* SOURCE MATERIAL:
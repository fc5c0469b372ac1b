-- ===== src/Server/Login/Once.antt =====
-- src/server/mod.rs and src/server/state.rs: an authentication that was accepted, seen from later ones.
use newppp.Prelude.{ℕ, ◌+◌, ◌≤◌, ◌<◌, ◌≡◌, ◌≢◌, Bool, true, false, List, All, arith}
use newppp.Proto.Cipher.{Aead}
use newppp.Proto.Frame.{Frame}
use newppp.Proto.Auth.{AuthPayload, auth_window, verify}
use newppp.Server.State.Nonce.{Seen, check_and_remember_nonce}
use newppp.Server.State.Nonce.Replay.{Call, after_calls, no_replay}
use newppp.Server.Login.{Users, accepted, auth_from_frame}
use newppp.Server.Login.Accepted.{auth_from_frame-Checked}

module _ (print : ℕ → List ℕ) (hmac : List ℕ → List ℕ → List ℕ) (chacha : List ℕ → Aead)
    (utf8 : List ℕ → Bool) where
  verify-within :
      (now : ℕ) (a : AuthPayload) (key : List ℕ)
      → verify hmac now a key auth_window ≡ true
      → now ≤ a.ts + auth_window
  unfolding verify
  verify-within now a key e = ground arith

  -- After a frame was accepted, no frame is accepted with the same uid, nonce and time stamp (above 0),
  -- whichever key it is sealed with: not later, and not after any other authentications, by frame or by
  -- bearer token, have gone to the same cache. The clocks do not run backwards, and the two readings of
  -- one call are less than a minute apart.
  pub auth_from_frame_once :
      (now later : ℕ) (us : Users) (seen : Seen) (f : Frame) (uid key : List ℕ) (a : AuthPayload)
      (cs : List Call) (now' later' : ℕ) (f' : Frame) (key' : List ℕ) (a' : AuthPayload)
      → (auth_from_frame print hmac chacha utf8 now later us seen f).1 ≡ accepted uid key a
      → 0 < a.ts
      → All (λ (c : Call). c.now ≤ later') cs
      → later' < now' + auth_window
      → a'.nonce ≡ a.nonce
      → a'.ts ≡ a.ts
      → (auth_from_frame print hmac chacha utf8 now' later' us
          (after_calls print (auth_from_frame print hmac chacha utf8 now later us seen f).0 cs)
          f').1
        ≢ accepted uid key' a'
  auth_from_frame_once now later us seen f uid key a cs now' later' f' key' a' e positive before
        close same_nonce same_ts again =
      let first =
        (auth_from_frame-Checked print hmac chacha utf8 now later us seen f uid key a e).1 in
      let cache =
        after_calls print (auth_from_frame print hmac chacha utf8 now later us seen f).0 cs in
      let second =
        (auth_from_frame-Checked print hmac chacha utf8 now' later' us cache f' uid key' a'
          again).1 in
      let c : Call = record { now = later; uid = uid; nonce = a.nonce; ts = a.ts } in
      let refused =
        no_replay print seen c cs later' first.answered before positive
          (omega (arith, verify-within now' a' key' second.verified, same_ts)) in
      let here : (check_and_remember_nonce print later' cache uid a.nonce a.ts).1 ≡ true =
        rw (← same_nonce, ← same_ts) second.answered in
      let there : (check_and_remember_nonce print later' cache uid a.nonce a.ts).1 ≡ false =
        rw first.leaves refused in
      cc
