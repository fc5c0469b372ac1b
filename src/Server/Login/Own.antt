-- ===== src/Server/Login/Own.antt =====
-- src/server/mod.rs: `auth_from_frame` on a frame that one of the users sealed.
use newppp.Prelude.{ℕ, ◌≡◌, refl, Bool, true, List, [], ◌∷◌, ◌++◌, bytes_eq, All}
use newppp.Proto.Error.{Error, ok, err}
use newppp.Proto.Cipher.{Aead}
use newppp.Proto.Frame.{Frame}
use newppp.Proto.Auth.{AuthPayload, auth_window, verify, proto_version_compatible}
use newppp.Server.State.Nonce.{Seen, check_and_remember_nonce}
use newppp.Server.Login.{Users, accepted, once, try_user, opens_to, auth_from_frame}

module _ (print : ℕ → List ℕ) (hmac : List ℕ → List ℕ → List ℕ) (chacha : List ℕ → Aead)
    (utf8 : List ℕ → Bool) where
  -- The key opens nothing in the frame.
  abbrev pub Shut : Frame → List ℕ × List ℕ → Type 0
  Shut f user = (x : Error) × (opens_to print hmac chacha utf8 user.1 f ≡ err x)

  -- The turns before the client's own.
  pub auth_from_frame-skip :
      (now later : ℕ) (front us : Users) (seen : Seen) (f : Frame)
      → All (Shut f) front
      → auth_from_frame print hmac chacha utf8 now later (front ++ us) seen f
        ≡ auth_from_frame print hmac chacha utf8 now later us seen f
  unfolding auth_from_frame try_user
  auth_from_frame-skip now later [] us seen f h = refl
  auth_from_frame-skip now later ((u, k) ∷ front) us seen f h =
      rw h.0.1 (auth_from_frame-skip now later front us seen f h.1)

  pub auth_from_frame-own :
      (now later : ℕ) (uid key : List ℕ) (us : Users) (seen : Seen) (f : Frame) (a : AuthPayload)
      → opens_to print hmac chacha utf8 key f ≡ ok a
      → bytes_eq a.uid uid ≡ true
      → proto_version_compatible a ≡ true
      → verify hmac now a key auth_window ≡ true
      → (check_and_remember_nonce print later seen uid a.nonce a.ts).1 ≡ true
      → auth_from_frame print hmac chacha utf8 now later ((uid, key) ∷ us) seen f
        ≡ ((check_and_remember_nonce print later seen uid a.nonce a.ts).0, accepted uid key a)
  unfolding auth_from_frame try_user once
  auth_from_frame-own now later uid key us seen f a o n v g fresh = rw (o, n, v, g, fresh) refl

* DESCRIPTION OF THE TASK:
Using the listing above, return word for word each line from the one that has "a'.nonce ≡ a.nonce" through the one that has "auth_from_frame_once now later", and no line outside that range.

* RESPONSE:
      → a'.nonce ≡ a.nonce
      → a'.ts ≡ a.ts
      → (auth_from_frame print hmac chacha utf8 now' later' us
          (after_calls print (auth_from_frame print hmac chacha utf8 now later us seen f).0 cs)
          f').1
        ≢ accepted uid key' a'
  auth_from_frame_once now later us seen f uid key a cs now' later' f' key' a' e positive before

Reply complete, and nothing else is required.